Potassium is essential for translocation of sugars and for starch formation.  It is required in the opening and closing of stomata by guard cells.  Potassium encourages root growth and increases crop resistance to disease.  It produces larger, more uniformly distributed xylem vessels throughout the root system.  Potassium increases size and quality of fruit and grains and is essential for high quality forage crops.  About 90 to 98 % of the Potassium occurs in primary minerals and is unavailable to crops, unless there is an abundant microbial population present.

Potassium has been found to be the element most required by tree crops such as prunes with a very high carbohydrate production.  The most responsive vegetable has been the potato, which again is a high producer of carbohydrate as starch in the tubers.  Potassium is mobile in the plant tissues.

Potassium in Soils

The following are general elemental relationships.  The most overlooked element in agriculture other than carbon is potassium.  Potassium levels have rarely been associated with nitrogen levels, but they should be.   Potassium is directly involved in:

1)    The synthesis of carbohydrates, proteins, oils and certain organic acids.

2)    Acceleration of certain enzymatic actions.

3)    The reductase reduction of nitrates which are fundamental for the synthesis of protein.

4)    Increasing photosynthetic activity under low light conditions.
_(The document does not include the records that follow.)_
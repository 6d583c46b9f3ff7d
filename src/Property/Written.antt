-- ===== src/Property/Written.antt =====
-- `property__get_length_all` and `property__write_all` against the format.
use dimq.Prelude.{
  refl, sym, length-append, ◌∙◌, ap, ℕ, suc, ◌+◌, ◌<◌, ◌^◌, ◌≡◌, List, [], ◌∷◌, ◌++◌, length, true,
  arith, subst,
}
use dimq.Property.Format.{
  fits_text_pair, Fits-Fitting, fits_binary, fits_text, fits_variable, fits_four_bytes,
  fits_two_bytes, fits_byte, Fitting, length-format_property, write_kind-read_kind,
  length_kind-read_kind, Fits-supported, read_kind-lt, AllFit, Fits, format_value, format_property,
  format_properties,
}
use dimq.Word.{u32}
use dimq.Packet.{varint_bytes, write_varint, Packet}
use dimq.Packet.RoundTrip.{length-format_varint, length-format_binary}
use dimq.Result.{success, ok}
use dimq.Packet.Format.{format_uint32, format_varint, format_uint16, format_binary}
use dimq.Property.Kinds.{Property, Value, Kind, read_kind}
use dimq.Property.{
  write_value, write_property, write_properties, write_all, value_length, get_length, sum_lengths,
  get_length_all, get_remaining_length,
}
use dimq.Packet.Write.{
  Writes, Writes-bind, write_byte-Writes, write_bytes-Writes, write_uint16-Writes,
  write_uint32-Writes, write_string-Writes, write_varint-Writes, return-Writes, HasRoom,
}

value_length-Fits :
    (k : Kind) (p : Property)
    → Fits k p.value p.name
    → value_length k p ≡ ok (suc (length (format_value k p.value p.name)))
unfolding value_length format_value format_uint16 format_uint32 format_varint
value_length-Fits k p f = go (Fits-Fitting k p.value p.name f)
  where
    go :
        {k : Kind} {v : Value} {name : List ℕ}
        → Fitting k v name
        → value_length k (record p { value = v; name = name })
          ≡ ok (suc (length (format_value k v name)))
    go (fits_byte {v = v} {name = name} l) = refl
    go (fits_two_bytes {v = v} {name = name} l) = refl
    go (fits_four_bytes {v = v} {name = name} l) = refl
    go (fits_variable {v = v} {name = name} l) = ground arith
    go (fits_text {s = s} {name = name} l enc) = ap ok (omega (arith, length-format_binary s))
    go (fits_binary {s = s} {name = name} l) = ap ok (omega (arith, length-format_binary s))
    go (fits_text_pair {s = s} {name = name} l enc l1 enc1) = ap ok (
        omega (
          arith,
          length-append (format_binary name) (format_binary s),
          length-format_binary s,
          length-format_binary name,
        ))

get_length-Fits :
    (p : Property)
    → Fits (read_kind p.identifier) p.value p.name
    → get_length p ≡ ok (length (format_property p))
unfolding get_length
get_length-Fits p f =
    rw (length_kind-read_kind p.identifier) (value_length-Fits (read_kind p.identifier) p f)
    ∙ ap ok (sym (length-format_property p f))

sum_lengths-Fits :
    (acc : ℕ) (ps : List Property)
    → AllFit ps
    → acc + length (format_properties ps) < 2 ^ 32
    → sum_lengths acc ps ≡ ok (acc + length (format_properties ps))
unfolding sum_lengths format_properties
sum_lengths-Fits acc [] f l = ap ok (omega arith)
sum_lengths-Fits acc (p ∷ ps) f l =
    let len = length-append (format_property p) (format_properties ps) in
    let e : u32 (acc + length (format_property p)) ≡ acc + length (format_property p) =
      omega (arith, l, len) in
    let s : acc + length (format_property p) + length (format_properties ps)
        ≡ acc + length (format_property p ++ format_properties ps) =
      omega (arith, len) in
    rw (sum_lengths, get_length-Fits p f.0, e)
      (sum_lengths-Fits (acc + length (format_property p)) ps f.1 (omega (arith, l, len)) ∙ ap ok s)

-- Properties that fit their identifiers, and are below 2^32 bytes together, measure for
-- `property__get_length_all` as many bytes as their format has.
pub get_length_all-format_properties :
    (ps : List Property)
    → AllFit ps
    → length (format_properties ps) < 2 ^ 32
    → get_length_all ps ≡ ok (length (format_properties ps))
unfolding get_length_all
get_length_all-format_properties ps f l =
    sum_lengths-Fits 0 ps f (omega arith) ∙ ap ok (omega arith)

write_value-Writes :
    (k : Kind) (p : Property)
    → Fits k p.value p.name
    → Writes (write_value k p) (format_value k p.value p.name)
unfolding write_value format_value format_binary
write_value-Writes k p f = go (Fits-Fitting k p.value p.name f)
  where
    go :
        {k : Kind} {v : Value} {name : List ℕ}
        → Fitting k v name
        → Writes (write_value k (record p { value = v; name = name })) (format_value k v name)
    go (fits_byte {v = v} {name = name} l) = write_byte-Writes v
    go (fits_two_bytes {v = v} {name = name} l) = write_uint16-Writes v
    go (fits_four_bytes {v = v} {name = name} l) = write_uint32-Writes v
    go (fits_variable {v = v} {name = name} l) = write_varint-Writes v l
    go (fits_text {s = s} {name = name} l enc) = write_string-Writes s l
    go (fits_binary {s = s} {name = name} l) =
        Writes-bind _ _ (format_uint16 (length s)) s (write_uint16-Writes (length s))
          (write_bytes-Writes s)
    go (fits_text_pair {s = s} {name = name} l enc l1 enc1) =
        Writes-bind _ _ (format_binary name) (format_binary s) (write_string-Writes name l1)
          (write_string-Writes s l)

write_property-Writes :
    (p : Property)
    → Fits (read_kind p.identifier) p.value p.name
    → Writes (write_property p) (format_property p)
unfolding write_property format_property
write_property-Writes p f =
    let known = read_kind-lt p.identifier (Fits-supported _ p.value p.name f) in
    rw (write_kind-read_kind p.identifier) (
      Writes-bind _ _ (format_varint p.identifier) _
        (write_varint-Writes p.identifier (omega arith))
        (write_value-Writes (read_kind p.identifier) p f))

pub write_properties-Writes :
    (ps : List Property) → AllFit ps → Writes (write_properties ps) (format_properties ps)
unfolding write_properties format_properties
write_properties-Writes [] f = return-Writes
write_properties-Writes (p ∷ ps) f =
    Writes-bind _ _ (format_property p) (format_properties ps) (write_property-Writes p f.0)
      (write_properties-Writes ps f.1)

abbrev pub format_all : List Property → List ℕ
format_all ps = format_varint (length (format_properties ps)) ++ format_properties ps

pub write_all-Writes :
    (ps : List Property)
    → AllFit ps
    → length (format_properties ps) < 2 ^ 28
    → Writes (write_all ps true) (format_all ps)
unfolding write_all
write_all-Writes ps f l =
    let n = length (format_properties ps) in
    rw (get_length_all-format_properties ps f (omega arith)) (
      Writes-bind (write_varint n) (write_properties ps) (format_varint n) (format_properties ps)
        (write_varint-Writes n l) (write_properties-Writes ps f))

-- `property__get_remaining_length` is the room that `property__write_all` then takes, where the
-- properties fit their identifiers and are below 2^28 bytes together: with that much room in the
-- packet it succeeds and moves on by exactly as much.
pub get_remaining_length-write_all :
    (ps : List Property) (p : Packet) (n : ℕ)
    → AllFit ps
    → length (format_properties ps) < 2 ^ 28
    → get_remaining_length ps ≡ ok n
    → HasRoom p n
    → ((write_all ps true p).0 ≡ success) × ((write_all ps true p).1.pos ≡ p.pos + n)
unfolding get_remaining_length
get_remaining_length-write_all ps p n f l e room =
    let len = length-format_varint (length (format_properties ps)) l in
    let size =
      length-append (format_varint (length (format_properties ps))) (format_properties ps) in
    let small : varint_bytes (length (format_properties ps)) < 6 =
      unfold varint_bytes in ground arith in
    let same : n ≡ length (format_all ps) =
      ground (arith, get_length_all-format_properties ps f (omega arith), len, size, small, e) in
    let w = write_all-Writes ps f l p (subst (HasRoom p) same room) in
    (w.done, omega (arith, w.moved, same))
5)    Facilitating the transport of carbohydrates inside the plant.

6)    Cellular division.

7)    Regulation of nitrogen absorption by the plant.

8)    Increasing the resistance of plants to diseases.

We have found in corn, potatoes and grasses that when excess Nitrogen fertilizer is added to the crop during the growing season, there is a direct decline in the level of potassium present in the plant.  Also, as the Potassium level declines, the Manganese level increases to a dangerously high amount in the plant.  The same elemental relationship seems to exist whether soil applied or foliar applied Nitrogen applications are made.

Potassium strengthens plant vascular tissue and under adequate levels, increases the cell wall thickness up to three times.  Potassium uptake is inhibited in most plants grown in soils with high magnesium and low oxygen levels.  When Potassium and Magnesium levels are too low, use of the fertilizer form Sulfate of Potash Magnesia which is 22% K and 11 % Mg is about the ideal balance between these two elements.  Potassium is the plants cellular liquid antifreeze system because it remains in the liquid, increases the salt level and decreases the liquid freezing point.

Remember, the more nitrogen that is added to a crop, the busier the Potassium becomes and the greater the need.